Linda was last in a classroom 35 years ago. But even back then, she says, she might have been drawn to this program. "I was in the Civil Air Patrol when I was a teen," she recalls, "and it sparked an interest. Once, when there was a downed airplane, we got to secure the area." The spark reignited after twenty years of hospital work and Linda's current job as a Cub Foods cashier. Now, when she graduates, Linda's hoping for a bigger, better, more important job. Even if what that job might be remains vague.

"For me to just spew off what they may or may not be doing after graduation would not be right," says Kathleen Hearne, placement director for Corinthian Colleges Incorporated, Parks's parent company. "It's an intense curriculum, and the Homeland Security needs are just now developing. I can tell you that meetings with very important companies are going on right now."

Furthermore, as anyone at CCI will tell you, the program was developed with input from very important people, including a NORAD colonel, a posse of SWAT team members, retired FBI agents, police officers, deputy sheriffs and anti-terrorist consultants.

"The feds and the state are trying to put their arms around this gorilla we call Homeland Security," observes Sisson.
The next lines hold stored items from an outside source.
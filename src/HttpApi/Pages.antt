-- ===== src/HttpApi/Pages.antt =====
-- Pagination: `.skip(page * per_page).take(per_page)` of the handlers of http-api/src/v1.
pub mod Partition
use radicle_client_services.Base.{ℕ, ◌*◌, ◌%◌, ◌^◌, take, drop, get_or_else, Option, List}

-- The product wraps as a release build computes it for a `usize` of 64 bits.
unfoldable pub page_of {ℓ} : {A : Type ℓ} → ℕ → ℕ → List A → List A
page_of page per_page xs = take per_page (drop (page * per_page % 2 ^ 64) xs)

-- the defaults of ProjectsQueryString
unfoldable pub query_page {ℓ} : {A : Type ℓ} → Option ℕ → Option ℕ → List A → List A
query_page page per_page xs = page_of (get_or_else page 0) (get_or_else per_page 10) xs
Esmerelda, a student who says she once worked in classified areas of the federal government (and whose name is definitely not Esmerelda), wants to be part of it. "The interesting thing is that I left the government for the corporate world because I thought it offered so much more," she says. "But after 9/11, I knew I needed to be back in the family, and they have very stringent rules about coming back. Luckily, the federal government is very interested in this program."

John is more interested in private-sector opportunities. "As a painting contractor, I already go into homes and assess a project," he points out. "I'd like to go into corporations and assess their security risk. There's also going to be a huge business in team-building around disaster prevention. People used to go out into nature and bond, but now you could integrate that with Homeland Security. You can make it to where it actually has some meaning."

John makes good money, but he's tired of brushes and rollers. "I took 9/11 personally," he says. "First I was in shock, and then I was like, let's get that guy. Now my eyes are open. I realized I didn't have to go overseas to defend my country."

Which would be nearly impossible, anyway: John has four children, a fifth on the way, and a paralegal wife who attends law school at night. Nevertheless, he serves as vice president of Parks's Homeland Security Club and is the most vocal member of the class. Defending your homeland brings it out in a man.


Sisson throws out another question:

"What do they have at Rocky Flats?"

"Weapons-grade plutonium!" someone yells.

"That, and a whole lot of secrets!" shouts Sisson. "Rocky Flats would be an excellent place to attack."

So excellent that he gives the class an assignment: Describe your initial response and containment actions for a terrorist attack on Rocky Flats. And do it in twenty minutes, after breaking into small groups.

"But we haven't worked in groups before," John says.

"Haven't worked in groups? Get over it, folks," Sisson says. "You're going to live in a group from now on."